A Boston hospital is defending itself after a man’s family said he was denied a new heart for refusing to be vaccinated against COVID-19, saying most transplant programs across the country set similar requirements to improve patients’ chances of survival.
DJ Ferguson’s family said in a crowdfunding appeal this week that Brigham and Women’s Hospital officials told the 31-year-old father of two he was not eligible for the procedure because he had not been vaccinated against the coronavirus.
“Now we are literally at a dead end. It’s extremely time sensitive,” the family said in their fundraising appeal, which raised tens of thousands of dollars. “This is not only a political issue. People should have a choice!”
The DJ’s mother, Tracey Ferguson, insists her son is not opposed to vaccinations, noting that he has had other vaccinations in the past. But a trained nurse said on Wednesday that he has been diagnosed with atrial fibrillation — an irregular and often rapid heart rate — and that he is concerned about the side effects of the COVID-19 vaccine.
“DJ is an informed patient,” Tracey Ferguson said in a brief interview at her home in Mendon, about 30 miles (48 km) southwest of Boston. “He wants his doctors to reassure him that his condition will not worsen or become fatal with this COVID vaccine.”
Brigham and Women’s Hospital declined to comment on the DJ Ferguson case, citing patient privacy laws. But he pointed to a response he posted on his website that says the COVID-19 vaccine is one of several immunizations required by most US transplant programs, including the flu shot and hepatitis B vaccines.
The hospital said studies have shown transplant recipients are at a higher risk of dying from COVID-19 than non-transplant patients and that its policy is in line with recommendations from the American Transplant Society and other health organizations.
Patients must also meet other health and lifestyle criteria in order to receive organ donations, and it is not known if DJ Ferguson would have met them.
Brigham & Womens Hospital also emphasized that no patient is placed on an organ waiting list without meeting those criteria, and rejected the idea that a transplant candidate could be considered “first on the list” for an organ, a statement made by the Ferguson family in their post. fundraising. .
“Currently, there are more than 100,000 candidates on organ transplant waiting lists, and available organs are in short supply – about half of the people on the waiting lists will not receive an organ within five years,” the hospital said.
Hospitals in other states have faced similar criticism for denying transplants to patients who have not been vaccinated against COVID-19.
Last year in Colorado, a woman suffering from advanced kidney disease said her hospital denied her a transplant because she had not been vaccinated. Leilani Lutali, a born-again Christian, said she opposes immunization because of the role that fetal cell lines play in the development of some vaccines.
Donor organs are in short supply, so transplant centers only place on a waiting list those patients they think are most likely to survive with a new organ.
“A donated heart is a precious and rare gift that needs to be well cared for,” said Dr.
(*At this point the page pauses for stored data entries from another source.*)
-- ===== src/Log.antt =====
-- kernel/log.c: messages to the consoles, and the dump of a stack.
pub mod Lines
mod Tests
use ultra.Prelude.{
  ℕ, zero, suc, ◌+◌, ◌-◌, ◌%◌, ◌^◌, Bool, true, false, not, Option, none, some, List, [], ◌∷◌, ◌++◌,
  ltb, leb, ◌==◌, if◌then◌else◌, take, drop, Outcome, done, ◌>>=◌,
}
use ultra.Format.Spec.{Arg, long_arg, chars_arg}
use ultra.Format.Print.{vscnprintf}
use ultra.Console.{Consoles, console_write}
use ultra.Symbols.{Tables, Lookup, error, found, symbol_lookup_by_address}
use ultra.Unwind.Data.{Image, Unwinder, Result}
use ultra.Unwind.Walk.{Registers, unwind_walk}

-- kernel/include/log.h
abbrev pub log_level_prefix_char : ℕ
log_level_prefix_char = 1

abbrev pub log_level_count : ℕ
log_level_count = 8

abbrev pub log_level_default : ℕ
log_level_default = 5

-- The number of bytes to skip and the level.
unfoldable pub extract_msg_level : List ℕ → ℕ → ℕ × ℕ
extract_msg_level [] level = (0, level)
extract_msg_level (c ∷ []) level =
    if not (c == log_level_prefix_char) then (0, level) else (1, level)
extract_msg_level (c ∷ d ∷ msg) level =
    let digit = (d + 256 - 48) % 256 in
    if not (c == log_level_prefix_char)
    then (0, level)
    else (2, if ltb digit log_level_count then digit else level)

-- What a call changes outside of it: the static `log_buf`, and the writes to consoles, each with the consoles in
-- order and the text, the last one first.
pub record Log : Type 0 where
  pub log_buf : List ℕ
  pub writes : List (List ℕ × List ℕ)

-- `console_write` of the start of `log_buf`, where `chars` is not negative
unfoldable pub write_log : ℕ → Consoles → Log → ℕ → Outcome Log
write_log fuel s log chars =
    let written = (do
      cons ← console_write fuel s
      done (record log { writes = (cons, take chars log.log_buf) ∷ log.writes })) in
    if leb (2 ^ 31) chars then done log else written

-- `fuel` is for the loop over the consoles.
unfoldable pub vprint : ℕ → Consoles → Log → Option (List ℕ) → List Arg → Outcome Log
vprint fuel s log none vlist = done log
vprint fuel s log (some msg) vlist = do
  let (skipped, level) = extract_msg_level msg log_level_default
  (chars, log_buf) ← vscnprintf log.log_buf 256 (drop skipped msg) vlist
  write_log fuel s (record log { log_buf = log_buf }) chars

unfoldable pub print : ℕ → Consoles → Log → Option (List ℕ) → List Arg → Outcome Log
print fuel s log msg args = vprint fuel s log msg args

-- "    #%zu in unknown/garbage <0x%016zX>\n"
abbrev pub garbage_line : List ℕ
garbage_line =
    32 ∷ 32 ∷ 32 ∷ 32 ∷ 35 ∷ 37 ∷ 122 ∷ 117 ∷ 32 ∷ 105 ∷ 110 ∷ 32 ∷ 117 ∷ 110 ∷ 107 ∷ 110 ∷ 111
    ∷ 119 ∷ 110 ∷ 47 ∷ 103 ∷ 97 ∷ 114 ∷ 98 ∷ 97 ∷ 103 ∷ 101 ∷ 32 ∷ 60 ∷ 48 ∷ 120 ∷ 37 ∷ 48 ∷ 49 ∷ 54
    ∷ 122 ∷ 88 ∷ 62 ∷ 10 ∷ []

-- "    #%zu in %s+%zu\n"
abbrev pub symbol_line : List ℕ
symbol_line =
    32 ∷ 32 ∷ 32 ∷ 32 ∷ 35 ∷ 37 ∷ 122 ∷ 117 ∷ 32 ∷ 105 ∷ 110 ∷ 32 ∷ 37 ∷ 115 ∷ 43 ∷ 37 ∷ 122 ∷ 117
    ∷ 10 ∷ []

-- "Call trace (most recent call first):\n"
abbrev pub trace_line : List ℕ
trace_line =
    67 ∷ 97 ∷ 108 ∷ 108 ∷ 32 ∷ 116 ∷ 114 ∷ 97 ∷ 99 ∷ 101 ∷ 32 ∷ 40 ∷ 109 ∷ 111 ∷ 115 ∷ 116 ∷ 32
    ∷ 114 ∷ 101 ∷ 99 ∷ 101 ∷ 110 ∷ 116 ∷ 32 ∷ 99 ∷ 97 ∷ 108 ∷ 108 ∷ 32 ∷ 102 ∷ 105 ∷ 114 ∷ 115 ∷ 116
    ∷ 41 ∷ 58 ∷ 10 ∷ []

-- `struct dump_state` without the level, which is not read, and the log.
pub record DumpState : Type 0 where
  pub depth : ℕ
  pub log : Log

unfoldable pub print_frame : ℕ → Consoles → ℕ → DumpState → Lookup → Outcome Log
print_frame fuel s addr state (error ret) =
    print fuel s state.log (some garbage_line) (long_arg state.depth ∷ long_arg addr ∷ [])
print_frame fuel s addr state (found sym offset) =
    print fuel s state.log (some symbol_line)
      (long_arg state.depth ∷ chars_arg (some (sym ++ (0 ∷ []))) ∷ long_arg offset ∷ [])

unfoldable pub do_dump_frame : Tables → ℕ → Consoles → DumpState → ℕ → Bool → Outcome DumpState
do_dump_frame t fuel s state addr addr_after_call = do
  let lookup_addr = if addr_after_call then (addr + (2 ^ 64 - 1)) % 2 ^ 64 else addr
  lookup ← symbol_lookup_by_address t lookup_addr
  log ← print_frame fuel s addr state lookup
  done (record { depth = (state.depth + 1) % 2 ^ 64; log = log })

-- The callback of `unwind_walk` goes on in any case.
unfoldable pub dump_frames :
    Tables → ℕ → Consoles → Outcome DumpState → ℕ → Bool → Bool × Outcome DumpState
dump_frames t fuel s state addr addr_after_call =
    (true, state >>= λ state. do_dump_frame t fuel s state addr addr_after_call)

-- What `unwind_walk` returns is dropped.
unfoldable pub dump_stack :
    Image
    → Unwinder
    → Tables
    → ℕ
    → Consoles
    → ℕ
    → Registers
    → Option Registers
    → ℕ
    → Log
    → Outcome (Result (ℕ × Outcome DumpState))
dump_stack k u t fuel s walk_fuel cpu regs return_address log = do
  log ← print fuel s log (some trace_line) []
  done (
      unwind_walk k u (dump_frames t fuel s) walk_fuel cpu regs return_address
        (done (record { depth = 0; log = log })))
Howard Eisen, medical director of the Advanced Heart Failure Program at Pennsylvania State University in Hershey, Pennsylvania. “Our goal is to maintain patient survival and good outcomes after transplantation.”
The United Network for Organ Sharing, a non-profit organization that operates the country’s organ transplant system, does not keep track of how many patients who refuse the COVID-19 vaccine are denied transplants, spokeswoman Ann Paschke said.
She said patients who are denied organ transplants still have the right to go elsewhere, though individual hospitals ultimately decide which patients to add to the national waiting list.
According to an online fundraiser, DJ Ferguson was hospitalized in late November due to a heart condition that caused his lungs to fill with blood and fluid. He was then transferred to Brigham and Women’s, where doctors inserted an emergency heart pump, which the family says is only a temporary measure.
“It’s devastating,” Tracey Ferguson said. “No one ever wants their child to go through something like this.”